▸ Provided records
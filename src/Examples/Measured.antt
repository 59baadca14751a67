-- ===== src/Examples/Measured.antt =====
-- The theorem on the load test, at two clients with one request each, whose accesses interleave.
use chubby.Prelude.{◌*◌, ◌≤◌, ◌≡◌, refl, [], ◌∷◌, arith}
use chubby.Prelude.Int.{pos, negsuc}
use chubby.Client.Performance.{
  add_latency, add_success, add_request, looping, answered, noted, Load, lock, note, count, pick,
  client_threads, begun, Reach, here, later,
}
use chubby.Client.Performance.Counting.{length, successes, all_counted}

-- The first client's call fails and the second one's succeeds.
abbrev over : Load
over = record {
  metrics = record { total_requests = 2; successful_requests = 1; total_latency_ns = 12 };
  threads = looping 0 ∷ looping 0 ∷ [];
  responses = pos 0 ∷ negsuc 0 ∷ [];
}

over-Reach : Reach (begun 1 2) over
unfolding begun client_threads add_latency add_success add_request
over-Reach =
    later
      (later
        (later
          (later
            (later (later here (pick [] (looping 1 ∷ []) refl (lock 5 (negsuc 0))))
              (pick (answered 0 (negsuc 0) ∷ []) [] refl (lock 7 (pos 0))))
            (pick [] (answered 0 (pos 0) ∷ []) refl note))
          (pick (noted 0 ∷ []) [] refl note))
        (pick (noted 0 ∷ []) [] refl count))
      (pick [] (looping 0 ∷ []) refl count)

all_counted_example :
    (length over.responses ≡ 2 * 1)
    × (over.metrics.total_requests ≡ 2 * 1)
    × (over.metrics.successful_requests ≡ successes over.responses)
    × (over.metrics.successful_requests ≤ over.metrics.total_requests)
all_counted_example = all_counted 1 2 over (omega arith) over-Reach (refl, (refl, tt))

...

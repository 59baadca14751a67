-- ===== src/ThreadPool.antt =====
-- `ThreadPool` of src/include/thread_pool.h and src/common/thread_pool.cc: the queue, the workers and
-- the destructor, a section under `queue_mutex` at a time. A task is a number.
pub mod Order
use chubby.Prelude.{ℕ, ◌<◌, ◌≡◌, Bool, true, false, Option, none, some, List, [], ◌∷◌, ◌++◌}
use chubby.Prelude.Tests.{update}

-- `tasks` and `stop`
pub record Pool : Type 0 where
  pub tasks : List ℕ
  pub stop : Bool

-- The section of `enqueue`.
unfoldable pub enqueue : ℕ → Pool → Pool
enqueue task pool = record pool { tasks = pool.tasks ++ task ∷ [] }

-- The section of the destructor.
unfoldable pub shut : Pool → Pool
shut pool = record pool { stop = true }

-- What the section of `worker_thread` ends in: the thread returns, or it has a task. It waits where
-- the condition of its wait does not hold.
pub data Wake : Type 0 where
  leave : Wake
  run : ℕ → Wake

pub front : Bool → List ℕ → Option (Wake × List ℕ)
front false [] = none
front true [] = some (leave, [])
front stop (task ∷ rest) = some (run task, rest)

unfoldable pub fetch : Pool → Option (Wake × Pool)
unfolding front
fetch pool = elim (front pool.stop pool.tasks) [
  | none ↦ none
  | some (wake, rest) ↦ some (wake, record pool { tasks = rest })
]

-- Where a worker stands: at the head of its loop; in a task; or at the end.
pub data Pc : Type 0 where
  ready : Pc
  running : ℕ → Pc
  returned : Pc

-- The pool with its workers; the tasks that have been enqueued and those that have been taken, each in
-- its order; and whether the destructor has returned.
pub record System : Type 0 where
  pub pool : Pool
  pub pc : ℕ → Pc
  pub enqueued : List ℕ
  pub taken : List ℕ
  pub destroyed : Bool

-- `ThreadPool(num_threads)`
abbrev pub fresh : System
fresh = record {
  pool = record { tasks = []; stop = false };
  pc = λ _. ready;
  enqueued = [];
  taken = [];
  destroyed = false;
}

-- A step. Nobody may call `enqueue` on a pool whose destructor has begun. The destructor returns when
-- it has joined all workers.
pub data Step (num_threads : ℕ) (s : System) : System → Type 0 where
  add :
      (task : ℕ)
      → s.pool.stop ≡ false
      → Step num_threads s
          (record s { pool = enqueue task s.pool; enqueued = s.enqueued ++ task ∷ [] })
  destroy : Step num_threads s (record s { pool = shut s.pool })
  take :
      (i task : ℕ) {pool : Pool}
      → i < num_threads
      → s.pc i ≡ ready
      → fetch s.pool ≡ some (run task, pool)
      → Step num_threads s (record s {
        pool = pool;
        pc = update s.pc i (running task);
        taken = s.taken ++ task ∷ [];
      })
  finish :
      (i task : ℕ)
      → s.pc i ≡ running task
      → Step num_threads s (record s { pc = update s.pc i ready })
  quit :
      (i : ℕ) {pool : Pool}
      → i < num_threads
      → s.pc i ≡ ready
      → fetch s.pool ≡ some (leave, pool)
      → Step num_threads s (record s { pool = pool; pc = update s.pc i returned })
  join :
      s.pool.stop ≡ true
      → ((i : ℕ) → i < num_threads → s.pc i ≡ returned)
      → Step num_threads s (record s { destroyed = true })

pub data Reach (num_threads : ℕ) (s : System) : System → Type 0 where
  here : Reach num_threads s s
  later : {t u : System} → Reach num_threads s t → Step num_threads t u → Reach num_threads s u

--

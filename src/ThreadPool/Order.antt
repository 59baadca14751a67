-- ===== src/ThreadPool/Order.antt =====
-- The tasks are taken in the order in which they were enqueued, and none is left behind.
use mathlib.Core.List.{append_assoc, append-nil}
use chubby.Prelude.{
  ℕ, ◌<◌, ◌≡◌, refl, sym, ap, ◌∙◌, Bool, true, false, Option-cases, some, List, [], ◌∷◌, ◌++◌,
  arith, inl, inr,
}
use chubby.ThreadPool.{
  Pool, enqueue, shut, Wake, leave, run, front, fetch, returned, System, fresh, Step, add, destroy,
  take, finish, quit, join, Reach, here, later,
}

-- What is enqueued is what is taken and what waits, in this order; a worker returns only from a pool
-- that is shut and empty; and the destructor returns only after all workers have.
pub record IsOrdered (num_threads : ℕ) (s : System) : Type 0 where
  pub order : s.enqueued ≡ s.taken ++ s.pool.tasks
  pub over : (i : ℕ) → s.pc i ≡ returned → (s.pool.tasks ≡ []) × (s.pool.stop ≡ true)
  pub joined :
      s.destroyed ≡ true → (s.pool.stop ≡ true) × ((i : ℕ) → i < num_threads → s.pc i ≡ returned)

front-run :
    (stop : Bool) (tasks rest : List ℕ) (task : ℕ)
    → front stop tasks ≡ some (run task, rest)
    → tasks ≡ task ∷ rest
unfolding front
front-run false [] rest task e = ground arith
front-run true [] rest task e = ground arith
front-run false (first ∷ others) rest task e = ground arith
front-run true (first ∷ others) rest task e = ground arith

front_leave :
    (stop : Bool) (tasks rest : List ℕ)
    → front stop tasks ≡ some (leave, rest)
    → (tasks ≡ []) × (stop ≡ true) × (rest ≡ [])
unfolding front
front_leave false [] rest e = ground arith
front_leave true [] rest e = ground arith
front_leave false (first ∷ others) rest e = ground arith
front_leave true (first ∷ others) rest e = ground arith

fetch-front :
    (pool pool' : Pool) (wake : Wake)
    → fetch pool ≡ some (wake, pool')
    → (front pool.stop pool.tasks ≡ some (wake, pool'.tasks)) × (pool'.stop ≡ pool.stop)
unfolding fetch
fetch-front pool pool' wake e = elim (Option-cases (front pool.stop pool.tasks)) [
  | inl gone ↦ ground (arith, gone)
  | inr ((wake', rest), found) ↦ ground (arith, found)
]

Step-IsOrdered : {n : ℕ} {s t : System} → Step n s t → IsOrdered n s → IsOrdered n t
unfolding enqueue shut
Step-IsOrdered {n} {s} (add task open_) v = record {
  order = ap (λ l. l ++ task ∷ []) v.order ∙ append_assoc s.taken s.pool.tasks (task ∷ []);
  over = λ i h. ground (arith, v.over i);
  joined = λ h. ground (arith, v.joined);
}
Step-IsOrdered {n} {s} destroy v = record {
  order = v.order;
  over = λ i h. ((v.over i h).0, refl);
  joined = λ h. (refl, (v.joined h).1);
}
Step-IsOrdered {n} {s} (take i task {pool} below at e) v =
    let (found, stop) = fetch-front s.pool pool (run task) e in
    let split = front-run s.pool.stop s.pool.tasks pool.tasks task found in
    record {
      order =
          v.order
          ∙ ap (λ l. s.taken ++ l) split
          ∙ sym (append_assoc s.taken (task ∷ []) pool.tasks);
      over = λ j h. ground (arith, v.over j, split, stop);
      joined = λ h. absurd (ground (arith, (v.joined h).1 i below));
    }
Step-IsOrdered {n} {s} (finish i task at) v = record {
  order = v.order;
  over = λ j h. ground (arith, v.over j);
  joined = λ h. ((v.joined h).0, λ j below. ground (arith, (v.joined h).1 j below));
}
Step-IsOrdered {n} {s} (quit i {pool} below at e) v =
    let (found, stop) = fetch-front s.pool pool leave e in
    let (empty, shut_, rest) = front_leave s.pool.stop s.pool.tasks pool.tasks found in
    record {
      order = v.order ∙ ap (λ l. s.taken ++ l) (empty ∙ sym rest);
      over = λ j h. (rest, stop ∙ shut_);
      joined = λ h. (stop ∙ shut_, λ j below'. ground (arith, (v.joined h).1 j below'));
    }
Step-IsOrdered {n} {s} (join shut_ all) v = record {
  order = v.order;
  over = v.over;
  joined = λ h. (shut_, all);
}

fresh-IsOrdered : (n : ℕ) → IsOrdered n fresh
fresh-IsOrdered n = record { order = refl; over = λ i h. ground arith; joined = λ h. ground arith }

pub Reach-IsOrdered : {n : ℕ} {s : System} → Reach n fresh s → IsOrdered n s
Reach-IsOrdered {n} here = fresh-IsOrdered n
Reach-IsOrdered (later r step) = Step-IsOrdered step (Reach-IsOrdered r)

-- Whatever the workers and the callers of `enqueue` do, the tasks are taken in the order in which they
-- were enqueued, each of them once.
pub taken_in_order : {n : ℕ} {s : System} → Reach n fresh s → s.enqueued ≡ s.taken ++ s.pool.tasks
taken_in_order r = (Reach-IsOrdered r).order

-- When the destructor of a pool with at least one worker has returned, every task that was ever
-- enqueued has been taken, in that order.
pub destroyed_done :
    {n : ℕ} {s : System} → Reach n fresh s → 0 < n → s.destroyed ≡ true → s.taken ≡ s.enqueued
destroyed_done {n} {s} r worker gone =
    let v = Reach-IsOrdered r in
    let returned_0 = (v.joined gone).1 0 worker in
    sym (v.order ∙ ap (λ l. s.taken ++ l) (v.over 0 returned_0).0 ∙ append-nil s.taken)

▸ What the task requires
Report every line above that has the string "length" in it.

▸ Worked solution
use chubby.Client.Performance.Counting.{length, successes, all_counted}
    (length over.responses ≡ 2 * 1)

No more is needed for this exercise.